■ Brief ■
Copy each line below holding "than".

■ Extracted material ■
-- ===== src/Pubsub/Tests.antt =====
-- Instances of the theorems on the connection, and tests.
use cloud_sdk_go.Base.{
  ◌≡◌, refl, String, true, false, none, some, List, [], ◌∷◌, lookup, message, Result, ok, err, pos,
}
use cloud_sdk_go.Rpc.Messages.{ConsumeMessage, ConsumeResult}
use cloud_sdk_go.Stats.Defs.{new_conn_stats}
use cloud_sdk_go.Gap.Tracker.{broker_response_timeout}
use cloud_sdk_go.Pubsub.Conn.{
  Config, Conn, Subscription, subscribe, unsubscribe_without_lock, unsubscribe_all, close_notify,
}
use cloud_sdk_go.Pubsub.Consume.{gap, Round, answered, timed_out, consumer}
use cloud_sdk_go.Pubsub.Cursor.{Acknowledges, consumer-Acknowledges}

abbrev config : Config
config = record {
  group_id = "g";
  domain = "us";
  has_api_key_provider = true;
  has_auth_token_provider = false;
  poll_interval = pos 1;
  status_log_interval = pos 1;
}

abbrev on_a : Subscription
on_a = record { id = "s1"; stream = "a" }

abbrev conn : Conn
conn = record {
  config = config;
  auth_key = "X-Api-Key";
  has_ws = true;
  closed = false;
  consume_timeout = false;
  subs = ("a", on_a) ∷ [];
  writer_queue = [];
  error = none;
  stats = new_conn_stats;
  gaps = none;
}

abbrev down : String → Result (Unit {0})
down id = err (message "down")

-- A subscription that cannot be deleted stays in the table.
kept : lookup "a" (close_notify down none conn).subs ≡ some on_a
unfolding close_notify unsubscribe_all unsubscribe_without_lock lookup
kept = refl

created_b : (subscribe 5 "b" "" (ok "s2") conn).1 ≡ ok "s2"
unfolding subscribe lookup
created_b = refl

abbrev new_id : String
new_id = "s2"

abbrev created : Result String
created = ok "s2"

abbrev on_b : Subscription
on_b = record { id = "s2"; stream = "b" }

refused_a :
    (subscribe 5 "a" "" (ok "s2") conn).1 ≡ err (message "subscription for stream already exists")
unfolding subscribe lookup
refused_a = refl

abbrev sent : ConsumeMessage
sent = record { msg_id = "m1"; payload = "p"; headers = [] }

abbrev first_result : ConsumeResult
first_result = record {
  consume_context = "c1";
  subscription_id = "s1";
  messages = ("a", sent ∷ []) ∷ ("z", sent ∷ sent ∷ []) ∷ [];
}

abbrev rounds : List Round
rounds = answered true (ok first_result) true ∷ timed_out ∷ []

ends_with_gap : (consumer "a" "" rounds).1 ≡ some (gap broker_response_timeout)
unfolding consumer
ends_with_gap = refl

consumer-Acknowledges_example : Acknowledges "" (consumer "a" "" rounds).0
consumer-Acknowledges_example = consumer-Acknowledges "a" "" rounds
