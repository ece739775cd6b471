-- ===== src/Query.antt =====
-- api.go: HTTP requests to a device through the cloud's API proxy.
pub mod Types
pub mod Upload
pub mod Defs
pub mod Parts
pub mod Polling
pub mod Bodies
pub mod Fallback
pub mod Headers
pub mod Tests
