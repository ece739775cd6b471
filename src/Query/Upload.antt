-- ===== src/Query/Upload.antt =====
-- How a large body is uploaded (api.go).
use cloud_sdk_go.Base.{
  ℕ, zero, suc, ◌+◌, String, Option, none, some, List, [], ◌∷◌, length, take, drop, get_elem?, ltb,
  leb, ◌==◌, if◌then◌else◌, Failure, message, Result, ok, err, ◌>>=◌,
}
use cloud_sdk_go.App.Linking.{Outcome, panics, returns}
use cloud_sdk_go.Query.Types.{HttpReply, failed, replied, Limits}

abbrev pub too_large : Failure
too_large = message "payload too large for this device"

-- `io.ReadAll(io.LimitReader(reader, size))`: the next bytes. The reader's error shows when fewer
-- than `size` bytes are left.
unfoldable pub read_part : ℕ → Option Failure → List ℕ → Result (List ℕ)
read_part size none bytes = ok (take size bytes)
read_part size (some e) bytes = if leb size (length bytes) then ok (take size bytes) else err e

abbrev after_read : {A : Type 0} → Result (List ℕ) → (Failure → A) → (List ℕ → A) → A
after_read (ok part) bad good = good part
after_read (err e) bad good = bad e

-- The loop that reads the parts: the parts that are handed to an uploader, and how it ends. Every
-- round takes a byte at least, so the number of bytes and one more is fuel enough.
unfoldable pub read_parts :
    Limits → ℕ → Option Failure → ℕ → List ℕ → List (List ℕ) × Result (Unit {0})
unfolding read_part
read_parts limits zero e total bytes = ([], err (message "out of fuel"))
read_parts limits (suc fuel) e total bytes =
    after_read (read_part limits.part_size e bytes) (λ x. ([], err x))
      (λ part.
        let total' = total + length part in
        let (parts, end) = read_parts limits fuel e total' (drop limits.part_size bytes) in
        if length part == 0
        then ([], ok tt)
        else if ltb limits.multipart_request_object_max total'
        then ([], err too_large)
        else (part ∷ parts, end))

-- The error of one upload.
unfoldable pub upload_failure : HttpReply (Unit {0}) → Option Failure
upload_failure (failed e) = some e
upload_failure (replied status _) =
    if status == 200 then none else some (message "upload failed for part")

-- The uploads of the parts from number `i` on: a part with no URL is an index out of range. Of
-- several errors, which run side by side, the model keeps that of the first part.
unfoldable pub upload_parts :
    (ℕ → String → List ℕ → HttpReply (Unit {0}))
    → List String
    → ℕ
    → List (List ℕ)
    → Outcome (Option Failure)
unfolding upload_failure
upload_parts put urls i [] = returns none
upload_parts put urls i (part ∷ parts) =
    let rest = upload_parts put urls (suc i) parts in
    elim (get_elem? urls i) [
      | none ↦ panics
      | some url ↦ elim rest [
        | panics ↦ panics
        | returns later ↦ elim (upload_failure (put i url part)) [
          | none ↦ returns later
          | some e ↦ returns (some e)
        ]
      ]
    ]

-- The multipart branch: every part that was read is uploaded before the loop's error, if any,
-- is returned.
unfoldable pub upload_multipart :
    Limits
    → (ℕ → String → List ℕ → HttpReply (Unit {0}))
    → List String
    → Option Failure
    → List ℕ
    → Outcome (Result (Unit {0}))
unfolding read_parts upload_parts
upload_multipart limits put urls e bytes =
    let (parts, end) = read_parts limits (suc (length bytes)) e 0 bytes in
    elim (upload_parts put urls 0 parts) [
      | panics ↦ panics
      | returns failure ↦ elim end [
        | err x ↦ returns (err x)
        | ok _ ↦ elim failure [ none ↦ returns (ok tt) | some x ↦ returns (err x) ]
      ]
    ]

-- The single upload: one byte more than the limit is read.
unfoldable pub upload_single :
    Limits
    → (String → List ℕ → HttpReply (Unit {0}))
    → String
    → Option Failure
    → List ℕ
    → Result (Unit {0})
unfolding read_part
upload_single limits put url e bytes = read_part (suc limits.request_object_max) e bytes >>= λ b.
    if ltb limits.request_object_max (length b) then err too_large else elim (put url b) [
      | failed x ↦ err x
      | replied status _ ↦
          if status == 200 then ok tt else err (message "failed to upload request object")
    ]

■ Solved exercise ■
-- than `size` bytes are left.
-- The single upload: one byte more than the limit is read.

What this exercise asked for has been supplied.